Did you mistype? I'd argue that Columbus, WI to Denver was a one-zone award, since both cities are in the central zone. I can see the claim that it's a 2-zone reward (since you are traveling for a couple of days in the western zone), but a 3-zone reward? That's a remarkable thing for an agent to claim.

In any case, I think you did the right thing to not push. I've had to call back to get the reward I want at the price I want. Just keep positive, talk with a smile on your face, and eventually you'll get what you want.


----------



## Steve4031 (Aug 4, 2009)

I live in Chicago, and could definitely use this one. LOL. Thanks guys. And I will gladly ride coach for a couple of hours too. LOL


----------



## Guest (Aug 6, 2009)

Thanks OP! Just booked this for August 20'th !


----------



## BigBlueBuddha (Aug 6, 2009)

Guest said:


> Thanks OP! Just booked this for August 20'th !


So how many zones did they charge you with?


----------



## Guest (Aug 7, 2009)

Kwitchyerbelliakin said:


> Guest said:
> 
> 
> > Thanks OP! Just booked this for August 20'th !
> ...


Just 1 , 20k points for a bedroom all the way. Somebody must have cancelled one recently as bedrooms on the Empire Builder for all August seem sold out.


----------



## PRR 60 (Aug 7, 2009)

Is it any wonder that Amtrak is considered a badly run business? The trip from CBS to DEN for two in a bedroom would run over $2800 at top bucket. If each leg were sold separately, the cost, and revenue to Amtrak, would be even more. Yet Amtrak, through AGR, offers that same trip for 20,000 points. AGR pays Amtrak about $150 for those 20,000 points. So, assuming those last rooms could have been sold to revenue passengers (in the summer, a very good assumption), Amtrak takes a loss of over $2600 for that deal.

Most frequent traveller programs limit award inventory to prevent large revenue losses from award travel. They don't simply give away their highest yielding products without some control on the cost. Amtrak, however, has virtually no control on award travel. One can book the last bedroom on the train six months in advance, pay for the trip with base-level points, and block sale of that room to a revenue passenger willing to pay real, hard cash. That's great for us, the AGR customers, but it is an incredibly bad way to conduct business. It's the way a company would conduct business if they simply had no cares about the bottom line and no risk of failure. As is they know that, no matter how badly the business is run, they have a rich uncle to bail them out. Oh, now it does make sense.

Next time Amtrak claims they run a tight, cost-conscious business, and deserve more general tax support, think about them giving away $2800 worth of travel for $150.


----------



## Ispolkom (Aug 7, 2009)

But how often is this sort of trip booked with AGR?
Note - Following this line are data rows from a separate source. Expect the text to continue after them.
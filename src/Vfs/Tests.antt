-- ===== src/Vfs/Tests.antt =====
-- Runs of the file system, and its theorems at a small tree.
use pastoral.Base.{
  ℕ, ◌↔◌, ◌≡◌, ◌≢◌, ◌⊎◌, refl, true, false, Option, none, some, List, [], ◌∷◌, ◌++◌, ◌>>=◌, arith,
}
use pastoral.Process.{ret}
use pastoral.Fd.Access.{stat_has_access, mask_of, with_right, covers}
use pastoral.Vfs.{
  Vfs, VfsNode, subpaths, vfs_search_relative, vfs_search_absolute, same_name, find_child,
  search_in, slash, dot, dot_dot, vfs_parent_dir, but_last,
}
use pastoral.Vfs.Subpaths.{AreNames, join, subpaths-total, subpaths-join}
use pastoral.Vfs.Create.{
  vfs_init, vfs_create_node, vfs_create_node_deep, vfs_default_asset, vfs_absolute_path,
}
use pastoral.Vfs.Create.Search.{vfs_create_node-search}
use pastoral.Vfs.Calls.{Caller, user_lookup_at, at_fdcwd, is_root}
use pastoral.Vfs.Calls.Allowed.{Reachable, user_lookup_at-Reachable}

-- "usr", "bin"
abbrev usr : List ℕ
usr = 117 ∷ 115 ∷ 114 ∷ []

abbrev bin : List ℕ
bin = 98 ∷ 105 ∷ 110 ∷ []

subpaths-total_example :
    (names : List (List ℕ)) × (subpaths (slash ∷ slash ∷ usr) ≡ some names) × AreNames names
subpaths-total_example = subpaths-total (slash ∷ slash ∷ usr)

subpaths-join_example : subpaths (join (usr ∷ bin ∷ [])) ≡ some (usr ∷ bin ∷ [])
subpaths-join_example = subpaths-join (usr ∷ bin ∷ []) (
  omega arith,
  (λ e. absurd (omega arith), (λ e. absurd (omega arith), (λ e. absurd (omega arith), tt))),
  (
    omega arith,
    (λ e. absurd (omega arith), (λ e. absurd (omega arith), (λ e. absurd (omega arith), tt))),
    tt,
  ),
)

abbrev root : VfsNode
root = record {
  name = slash ∷ [];
  asset = 0;
  filesystem = some 0;
  parent = none;
  mountpoint = none;
  children = 1 ∷ 2 ∷ [];
  symlink = [];
}

-- The root, an asset for a directory, and "usr" in the root.
abbrev start : Vfs
start = (vfs_default_asset 0x41ed (vfs_init 0)).1

vfs_create_node-search_example :
    (v' : Vfs) × (vfs_create_node (some 0) 3 (some 0) usr false start ≡ some (3, v'))
    × (vfs_search_relative 1 v' 0 usr false ≡ some (some 3))
    × ((q : ℕ) (m : List ℕ) (r : Option ℕ)
        → (q ≢ 0) ⊎ (same_name usr m ≡ false)
        → vfs_search_relative 1 start q m false ≡ some r
        → vfs_search_relative 1 v' q m false ≡ some r)
unfolding vfs_default_asset vfs_init same_name find_child
vfs_create_node-search_example =
    vfs_create_node-search 1 0 3 (some 0) usr start root
      (record { st_mode = 0x41ed; st_uid = 0; st_gid = 0; st_size = 0 }) refl refl refl refl refl
      refl

-- "/usr/bin" made with all directories: then it is found, it has this path, and its parent directory
-- is "/usr".
found_deep : Option (Option ℕ × List ℕ × Option ℕ)
unfolding vfs_create_node_deep vfs_search_absolute vfs_absolute_path vfs_parent_dir
found_deep = do
  made ← vfs_create_node_deep 1 none 3 (some 0) (join (usr ∷ bin ∷ [])) start
  found ← vfs_search_absolute 1 made.1 none (join (usr ∷ bin ∷ [])) true
  path ← vfs_absolute_path 9 made.1 (some made.0)
  parent ← vfs_parent_dir 1 made.1 none (join (usr ∷ bin ∷ []))
  some (found, path, parent)

found_deep-eq : found_deep ≡ some (some 6, slash ∷ usr ++ slash ∷ bin ++ slash ∷ [], some 3)
unfolding found_deep vfs_default_asset vfs_init search_in find_child same_name vfs_create_node_deep
    vfs_search_absolute vfs_absolute_path vfs_parent_dir but_last
found_deep-eq = refl

-- The parent directory of a relative path of one name is the root, whatever directory it is in.
parent_of_name : vfs_parent_dir 1 start (some 2) usr ≡ some (some 0)
unfolding vfs_parent_dir vfs_default_asset vfs_init but_last
parent_of_name = refl

abbrev tree : Vfs
tree = record start {
  nodes =
      record root { children = 1 ∷ 2 ∷ 3 ∷ [] }
      ∷ record root { name = dot; asset = 1; parent = some 0; children = [] }
      ∷ record root { name = dot_dot; asset = 2; parent = some 0; children = [] }
      ∷ record root { name = usr; asset = 3; parent = some 0; children = [] }
      ∷ [];
}

-- A user other than root.
abbrev user : Caller
user = record {
  creds = record {
    real_uid = 7;
    effective_uid = 7;
    saved_uid = 7;
    real_gid = 7;
    effective_gid = 7;
    saved_gid = 7;
  };
  cwd = none;
  umask = 0;
  open_node = λ fd. none;
}

user_lookup_at-Reachable_example :
    (user_lookup_at 1 at_fdcwd usr 0 8 user tree ≡ some (ret 3))
    ↔ Reachable 1 0 8 user tree 3 at_fdcwd usr
unfolding is_root
user_lookup_at-Reachable_example = user_lookup_at-Reachable 1 0 8 user tree 3 at_fdcwd usr refl

found_usr : user_lookup_at 1 at_fdcwd usr 0 8 user tree ≡ some (ret 3)
unfolding vfs_default_asset vfs_init user_lookup_at find_child same_name stat_has_access covers
    mask_of with_right
found_usr = refl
Regardless of how it seems from the postings to this forum, I doubt that there are lots of AGR members who have a) the points, b) the time, and c) the inclination to make such a trip. The best I've been able to get Mrs. Ispolkom to go for is to drive from Savannah to Atlanta to catch our train to Minot (SAV-MOT is 30k points, ATL-MOT is 20k points).

Given that most rewards are made in the NEC, I wouldn't be surprised if it would cost more to enforce any regulation tighter than "if amtrak.com shows it, you can book it," especially given the limits of many people's geographical knowledge.

Now why ARROW shows itineraries like this is another matter.


----------



## ALC Rail Writer (Aug 7, 2009)

Ispolkom said:


> But how often is this sort of trip booked with AGR?
> Regardless of how it seems from the postings to this forum, I doubt that there are lots of AGR members who have a) the points, b) the time, and c) the inclination to make such a trip. The best I've been able to get Mrs. Ispolkom to go for is to drive from Savannah to Atlanta to catch our train to Minot (SAV-MOT is 30k points, ATL-MOT is 20k points).
> 
> Given that most rewards are made in the NEC, I wouldn't be surprised if it would cost more to enforce any regulation tighter than "if amtrak.com shows it, you can book it," especially given the limits of many people's geographical knowledge.
> ...


The VAST majority of trips are booked on the NEC... less than 1% are roomettes/bedrooms across the entire country IIRC. Most AGR members don't think of riding around the country all knobly-wise as being a vacation.


----------



## AAARGH! (Aug 7, 2009)

ALC_Rail_Writer said:


> Ispolkom said:
> 
> 
> > But how often is this sort of trip booked with AGR?
> ...


I concur. The number of people who would do such a thing is so low as to be almost meaningless in the scheme of things. If lots of people did this, then it might affect the bottom line.

OMG, I agreed with ALC!


----------



## ALC Rail Writer (Aug 7, 2009)

AAARGH! said:


> ALC_Rail_Writer said:
> 
> 
> > Ispolkom said:
> ...


What am I, negatively charged ions?! people agree with me all the time!


----------



## OlympianHiawatha (Aug 7, 2009)

Considering the typical Amtrak rider (not any of us by any means) simply wants to go from point A to point B and cannot tell a Superliner Coach from a Horizon Dinette. I cannot see them wanting to be on a train any longer than need be. They would shake their heads with disbelief at a loophole routing and run to the nearest Hound station or airport.


----------



## Bob Dylan (Aug 7, 2009)

OlympianHiawatha said:


> Considering the typical Amtrak rider (not any of us by any means) simply wants to go from point A to point B and cannot tell a Superliner Coach from a Horizon Dinette. I cannot see them wanting to be on a train any longer than need be. They would shake their heads with disbelief at a loophole routing and run to the nearest Hound station or airport.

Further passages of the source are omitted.